Tom Brown III 01-18-2013 06:46 AM

"Damn near perfect form"
I came across this video from the 2008 crossfit games. I’m certain the depth and historical nuance is lost on me re: BBS, High rep O-lifts, crossfit etc. None the less, I thought some discussion/commentary might add value by considering the footage at face value.


The comment associated with the video (quoted below) touts “damn near perfect form” and is held up as a motivational tour de force. This is so frightening to me; when the video opens you can see a young girl (Kallista Pappas) in the right-background completely shitting the bed on her power jerk, then 10 seconds later another competitor in the left-background bombing out of her clean (‘supose those were “NO REPs!”)
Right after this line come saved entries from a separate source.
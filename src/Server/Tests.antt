-- ===== src/Server/Tests.antt =====
-- An instance of the theorem on the end of a process, and runs of it.
use property_platform_backen.Prelude.{◌≡◌, refl, true, false, none, some, [], ◌∷◌, arith}
use property_platform_backen.Server.{
  Server, disconnected, signalled, pool_ended, ticked, started, run,
}
use property_platform_backen.Server.Shutdown.{has_ended, shutdown_ends}

-- One connection is open.
abbrev busy : Server
busy = record (started 100 none) { connections = 1 }

shutdown_ends_example :
    let final = run (signalled ∷ disconnected ∷ pool_ended true ∷ ticked 20000 ∷ []) busy in
    (has_ended final.exit ≡ true)
    × (final.exit ≡ some 0 → (final.accepting ≡ false) × (final.connections ≡ 0))
shutdown_ends_example =
    shutdown_ends (disconnected ∷ pool_ended true ∷ []) [] 20000 busy refl refl refl (omega arith)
Ms. Pappas admirably perseveres showing great courage and determination. And from that perspective her performance is truly impressive, but I have a teenage daughter myself. So I’m compelled to post here and solicit thoughts and a little perspective regarding the well being of competitors in this environment.

Here is the quote associated with the video:

“I was just rewatching this video the other day. It's of 14 year old Kallista Pappas at the 2008 Crossfit games doing 30 100 pound clean and jerks for time... thats pretty much her bodyweight... with damn near perfect form. Watch how quickly she drops back under the weight during the third pull... and look at how quick those elbows are. An unbelievable performance. This videographer was actually shooting one of the favorites, last year's womens overall winner Jolie Gentry (another animal), as she finished the last workout of the Games. After she finishes, the cameraman picks up on all the excitement behind Jolie... it's Kallista pounding through the same workout.... and the crowd 110% behind her. Remember......... this girl is only 14. Watch it, and then try to match that intensity in your next workout. Free motivation here people.”
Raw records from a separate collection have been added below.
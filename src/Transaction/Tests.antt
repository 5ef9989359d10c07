-- ===== src/Transaction/Tests.antt =====
-- Instances of the theorems on transactions, for the INSERT of an enquiry whose answer is lost.
use property_platform_backen.Prelude.{refl, [], ◌∷◌}
use property_platform_backen.Database.{World, answered, unacked}
use property_platform_backen.Enquiries.{create_row}
use property_platform_backen.Enquiries.Rows.{create_row-IsLocal}
use property_platform_backen.Transaction.{with_transaction}
use property_platform_backen.Transaction.Atomic.{Settled, with_transaction-Settled}
use property_platform_backen.Samples.{plain, question, browser, town}

-- The connection, BEGIN and the first SELECT are answered; the answer to the INSERT is lost.
abbrev cut_off : World
cut_off = town (answered ∷ answered ∷ answered ∷ unacked ∷ [])

with_transaction-Settled_example :
    Settled
      (create_row plain question browser)
      cut_off
      (with_transaction (create_row plain question browser) cut_off)
with_transaction-Settled_example =
    with_transaction-Settled (create_row plain question browser) cut_off
      (create_row-IsLocal plain question browser) refl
colin dore 01-26-2013 06:56 PM

Once physical activity takes on a competitive nature, it automatically increases the likelihood of injury, that's just the way it is. My nieces are playing hockey, and its all fun and games now (ages 6 and 8), but I know that once they hit their teens, they will start a long life of sprains, strains, tears, bumps, bruises and breaks. If one is interested in crossfit for fitness they should avoid the competition side of it, for sure.
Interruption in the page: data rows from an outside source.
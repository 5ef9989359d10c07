-- ===== src/Validators/Checks.antt =====
-- What the value of a successful check is.
use property_platform_backen.Prelude.{
  ℕ, ◌≡◌, ◌⊎◌, inl, inr, refl, sym, Text, Bool, true, false, Option, none, some, List, [], ◌∷◌,
  ◌++◌,
}
use property_platform_backen.Json.{Json, null, bool, num, str, arr, obj}
use property_platform_backen.Hash.{trim}
use property_platform_backen.Validators.{
  Zod, Issue, too_small, too_big, Number, nan, whole, between, infinite, below_zero, Parsed, good,
  bad, ◌<*>◌, when, number_issues, whole_of, conclude, check_text, check_nullable, check_number,
  check_default_number,
}

pub <*>-eq-good :
    {A B : Type 0} {f : Parsed (A → B)} {p : Parsed A} {b : B}
    → (f <*> p) ≡ good b
    → (g : A → B) × (a : A) × (f ≡ good g) × (p ≡ good a) × (g a ≡ b)
unfolding ◌<*>◌
<*>-eq-good {f = good g} {p = good a} h = (g, a, refl, refl, (cc))
<*>-eq-good {f = good g} {p = bad e} h = cc
<*>-eq-good {f = bad e} {p = good a} h = cc
<*>-eq-good {f = bad e} {p = bad e'} h = cc

pub when-nil : (c : Bool) (issue : Issue) → when c issue ≡ [] → c ≡ false
when-nil true issue h = cc
when-nil false issue h = refl

pub whens-nil :
    (c d : Bool) (issue more : Issue) → when c issue ++ when d more ≡ [] → (c ≡ false) × (d ≡ false)
whens-nil true d issue more h = cc
whens-nil false true issue more h = cc
whens-nil false false issue more h = (refl, refl)

module _ (zod : Zod) (name : Text) where
  pub conclude-eq-good :
      {A : Type 0} (a b : A) (issues : List Issue)
      → conclude zod name a issues ≡ good b
      → (issues ≡ []) × (a ≡ b)
  unfolding conclude
  conclude-eq-good a b [] h = (refl, (cc))
  conclude-eq-good a b (issue ∷ issues) h = cc

  pub check_text-eq-good :
      (issues : Text → List Issue) (v : Option Json) (t : Text)
      → check_text zod name issues v ≡ good t
      → (s : Text) × (v ≡ some (str s)) × (trim s ≡ t) × (issues t ≡ [])
  unfolding check_text conclude
  check_text-eq-good issues none t h = cc
  check_text-eq-good issues (some (str s)) t h =
      let (fine, same) = conclude-eq-good (trim s) t (issues (trim s)) h in
      (s, refl, same, rw same at fine)
  check_text-eq-good issues (some null) t h = cc
  check_text-eq-good issues (some (bool b)) t h = cc
  check_text-eq-good issues (some (num n)) t h = cc
  check_text-eq-good issues (some (arr items)) t h = cc
  check_text-eq-good issues (some (obj fields)) t h = cc

  pub check_nullable-eq-good :
      (issues : Text → List Issue) (v : Option Json) (o : Option Text)
      → check_nullable zod name issues v ≡ good o
      → (o ≡ none) ⊎ ((s : Text) × (o ≡ some (trim s)) × (issues (trim s) ≡ []))
  unfolding check_nullable conclude
  check_nullable-eq-good issues none o h = inl (cc)
  check_nullable-eq-good issues (some null) o h = inl (cc)
  check_nullable-eq-good issues (some (str s)) o h =
      let (fine, same) = conclude-eq-good (some (trim s)) o (issues (trim s)) h in
      inr (s, sym same, fine)
  check_nullable-eq-good issues (some (bool b)) o h = cc
  check_nullable-eq-good issues (some (num n)) o h = cc
  check_nullable-eq-good issues (some (arr items)) o h = cc
  check_nullable-eq-good issues (some (obj fields)) o h = cc

  module _ (low high : Number → Bool) where
    -- A number without issues is whole and within its bounds.
    number_issues-nil :
        (v : Number)
        → number_issues low high v ≡ []
        → (v ≡ whole (whole_of v))
          × (low (whole (whole_of v)) ≡ false)
          × (high (whole (whole_of v)) ≡ false)
    number_issues-nil (whole n) h =
        let (l, r) = whens-nil (low (whole n)) (high (whole n)) too_small too_big h in (refl, l, r)
    number_issues-nil nan h = cc
    number_issues-nil (between n) h = cc
    number_issues-nil infinite h = cc
    number_issues-nil (below_zero b) h = cc

    pub check_number-eq-good :
        (v : Option Json) (n : ℕ)
        → check_number zod name low high v ≡ good n
        → (zod.number_of v ≡ whole n) × (low (whole n) ≡ false) × (high (whole n) ≡ false)
    unfolding check_number
    check_number-eq-good v n h =
        let (fine, same) = conclude-eq-good _ n _ h in
        rw same at (number_issues-nil (zod.number_of v) fine)

    pub check_default_number-eq-good :
        (default : ℕ) (v : Option Json) (n : ℕ)
        → check_default_number zod name low high default v ≡ good n
        → (default ≡ n) ⊎ ((low (whole n) ≡ false) × (high (whole n) ≡ false))
    unfolding check_default_number
    check_default_number-eq-good default none n h = inl (cc)
    check_default_number-eq-good default (some v) n h =
        let (_, l, r) = check_number-eq-good (some v) n h in inr (l, r)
Javier Sanjuan 01-26-2013 11:20 PM

I have to take a different stance on this. Competitiveness, with the right coaching and environment, is REALLY beneficial. It helps develop the young child mentally and emotionally to handle victory and defeat. It instills discipline. If they have a disciplined coach, then those athletes will know that a deviation from optimal technique will increase their likelihood of being injured, less weight being lifted, and be involved in a training regimen that beats those principles into them on a daily basis. If they're just let loose to do whatever, then it's a problem. However, if their coach doesn't allow it during training, they most likely won't do it during a competition, either. If there was no competitiveness in fitness, then we wouldn't have World Strongest Man competitions, either. I think CrossFit took a weird turn and that there many things wrong with the culture they foster; if you have strict and disciplined coaches, much of that danger is mitigated.

colin dore 01-27-2013 07:39 PM

I agree that competitiveness is extremely beneficial, but if you push yourself to the limit at any type of physical activity, you will deal with an injury at some point.
From what i've seen of crossfit, the whole point seems to be to just let the athletes loose to do whatever! The sport is still in an embryonic stage, so we'll see where it ends up.